PROBLEM REQUIREMENTS >> Could you filter the records below and keep only the lines with the word "that"?

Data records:
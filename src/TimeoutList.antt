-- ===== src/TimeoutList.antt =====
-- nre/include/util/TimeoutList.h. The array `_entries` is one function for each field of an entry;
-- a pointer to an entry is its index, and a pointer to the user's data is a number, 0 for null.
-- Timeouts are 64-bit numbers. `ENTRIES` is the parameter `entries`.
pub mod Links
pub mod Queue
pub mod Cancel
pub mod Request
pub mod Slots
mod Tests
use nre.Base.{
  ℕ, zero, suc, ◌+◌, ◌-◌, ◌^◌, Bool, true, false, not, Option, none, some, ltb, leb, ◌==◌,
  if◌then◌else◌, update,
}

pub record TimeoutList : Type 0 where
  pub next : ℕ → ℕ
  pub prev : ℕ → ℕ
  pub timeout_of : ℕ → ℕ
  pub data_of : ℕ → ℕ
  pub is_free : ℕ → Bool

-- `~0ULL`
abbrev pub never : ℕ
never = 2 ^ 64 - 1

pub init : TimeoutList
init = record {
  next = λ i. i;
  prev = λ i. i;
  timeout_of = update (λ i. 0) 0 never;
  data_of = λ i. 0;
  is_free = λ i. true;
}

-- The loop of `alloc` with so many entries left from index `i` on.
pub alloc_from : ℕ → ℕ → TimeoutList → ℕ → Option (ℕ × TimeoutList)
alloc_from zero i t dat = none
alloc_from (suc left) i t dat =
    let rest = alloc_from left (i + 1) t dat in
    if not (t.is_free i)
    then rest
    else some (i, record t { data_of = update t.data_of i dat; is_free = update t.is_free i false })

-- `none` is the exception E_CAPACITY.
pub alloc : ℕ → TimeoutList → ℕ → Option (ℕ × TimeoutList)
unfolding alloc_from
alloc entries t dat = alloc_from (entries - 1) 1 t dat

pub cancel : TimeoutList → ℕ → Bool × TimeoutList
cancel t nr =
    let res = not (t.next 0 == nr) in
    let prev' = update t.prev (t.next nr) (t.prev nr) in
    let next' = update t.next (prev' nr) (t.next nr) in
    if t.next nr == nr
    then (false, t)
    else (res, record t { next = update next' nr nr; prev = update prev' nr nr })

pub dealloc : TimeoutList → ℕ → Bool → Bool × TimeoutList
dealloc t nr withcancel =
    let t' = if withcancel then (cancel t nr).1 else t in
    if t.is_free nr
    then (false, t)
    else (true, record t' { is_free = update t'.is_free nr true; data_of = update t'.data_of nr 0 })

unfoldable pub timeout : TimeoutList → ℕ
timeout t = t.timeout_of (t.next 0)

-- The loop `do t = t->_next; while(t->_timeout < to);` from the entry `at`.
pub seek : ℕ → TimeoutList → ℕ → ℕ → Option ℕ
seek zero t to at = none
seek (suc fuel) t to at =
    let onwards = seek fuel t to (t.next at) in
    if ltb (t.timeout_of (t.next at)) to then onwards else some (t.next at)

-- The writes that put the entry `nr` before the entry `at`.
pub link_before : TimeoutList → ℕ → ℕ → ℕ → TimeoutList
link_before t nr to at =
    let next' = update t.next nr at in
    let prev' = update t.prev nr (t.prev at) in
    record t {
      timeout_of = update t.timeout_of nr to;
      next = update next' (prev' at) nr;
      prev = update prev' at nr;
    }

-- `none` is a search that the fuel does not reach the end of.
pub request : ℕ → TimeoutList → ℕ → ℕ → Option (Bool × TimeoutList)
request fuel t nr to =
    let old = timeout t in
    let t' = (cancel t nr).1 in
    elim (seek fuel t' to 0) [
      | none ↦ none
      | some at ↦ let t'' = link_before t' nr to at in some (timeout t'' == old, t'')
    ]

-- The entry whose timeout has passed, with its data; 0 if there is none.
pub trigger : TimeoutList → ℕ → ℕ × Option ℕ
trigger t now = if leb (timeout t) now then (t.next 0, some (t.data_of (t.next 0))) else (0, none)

---

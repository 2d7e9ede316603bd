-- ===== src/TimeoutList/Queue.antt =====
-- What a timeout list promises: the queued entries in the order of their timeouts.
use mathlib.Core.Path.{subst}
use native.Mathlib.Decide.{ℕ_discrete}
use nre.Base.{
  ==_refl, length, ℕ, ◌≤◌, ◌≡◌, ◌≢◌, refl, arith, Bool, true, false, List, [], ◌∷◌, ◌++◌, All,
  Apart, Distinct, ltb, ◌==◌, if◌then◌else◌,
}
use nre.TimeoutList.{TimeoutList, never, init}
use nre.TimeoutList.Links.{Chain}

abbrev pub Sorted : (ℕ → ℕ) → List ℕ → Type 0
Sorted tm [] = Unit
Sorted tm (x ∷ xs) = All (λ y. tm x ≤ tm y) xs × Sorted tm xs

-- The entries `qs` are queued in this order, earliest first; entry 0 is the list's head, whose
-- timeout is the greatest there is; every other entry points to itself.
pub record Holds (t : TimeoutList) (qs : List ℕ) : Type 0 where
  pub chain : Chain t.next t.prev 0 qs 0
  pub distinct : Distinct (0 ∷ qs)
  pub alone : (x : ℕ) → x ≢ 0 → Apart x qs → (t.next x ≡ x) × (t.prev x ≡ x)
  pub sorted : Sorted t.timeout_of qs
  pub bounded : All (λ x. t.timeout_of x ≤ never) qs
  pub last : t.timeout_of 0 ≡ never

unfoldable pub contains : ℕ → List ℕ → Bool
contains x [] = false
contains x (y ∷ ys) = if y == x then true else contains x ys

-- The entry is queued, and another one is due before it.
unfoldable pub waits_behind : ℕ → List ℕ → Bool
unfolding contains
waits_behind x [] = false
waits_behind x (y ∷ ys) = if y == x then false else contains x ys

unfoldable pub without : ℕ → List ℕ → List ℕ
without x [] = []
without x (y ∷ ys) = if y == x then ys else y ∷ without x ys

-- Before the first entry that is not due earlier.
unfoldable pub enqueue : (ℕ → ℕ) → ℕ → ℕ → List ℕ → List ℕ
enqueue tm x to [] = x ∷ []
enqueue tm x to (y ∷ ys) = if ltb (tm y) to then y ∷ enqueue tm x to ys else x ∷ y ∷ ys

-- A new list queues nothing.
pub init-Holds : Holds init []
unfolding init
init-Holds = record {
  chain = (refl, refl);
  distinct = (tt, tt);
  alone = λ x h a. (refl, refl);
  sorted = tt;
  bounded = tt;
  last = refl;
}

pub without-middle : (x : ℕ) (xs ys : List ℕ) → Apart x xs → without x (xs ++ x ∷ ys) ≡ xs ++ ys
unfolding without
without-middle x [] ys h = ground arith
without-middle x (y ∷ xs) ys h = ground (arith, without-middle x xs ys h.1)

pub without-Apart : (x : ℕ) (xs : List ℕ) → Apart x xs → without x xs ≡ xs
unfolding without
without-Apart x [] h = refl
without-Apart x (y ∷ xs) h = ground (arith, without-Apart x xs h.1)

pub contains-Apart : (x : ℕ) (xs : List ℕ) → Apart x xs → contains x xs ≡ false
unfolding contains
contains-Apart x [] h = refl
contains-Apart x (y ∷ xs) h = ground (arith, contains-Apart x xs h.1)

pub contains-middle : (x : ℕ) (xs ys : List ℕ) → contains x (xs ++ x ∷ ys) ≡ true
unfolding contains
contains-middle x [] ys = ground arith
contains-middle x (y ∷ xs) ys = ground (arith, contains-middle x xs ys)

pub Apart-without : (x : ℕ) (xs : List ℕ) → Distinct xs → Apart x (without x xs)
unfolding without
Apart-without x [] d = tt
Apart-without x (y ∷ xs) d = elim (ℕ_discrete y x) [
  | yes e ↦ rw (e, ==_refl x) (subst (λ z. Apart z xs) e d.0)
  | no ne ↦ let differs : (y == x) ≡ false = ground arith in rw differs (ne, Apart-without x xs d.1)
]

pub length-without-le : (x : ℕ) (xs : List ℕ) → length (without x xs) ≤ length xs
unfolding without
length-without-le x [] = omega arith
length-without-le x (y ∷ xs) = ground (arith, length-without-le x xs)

TASK SOLUTION >>
-- The writes that put the entry `nr` before the entry `at`.
-- `none` is a search that the fuel does not reach the end of.
-- Before the first entry that is not due earlier.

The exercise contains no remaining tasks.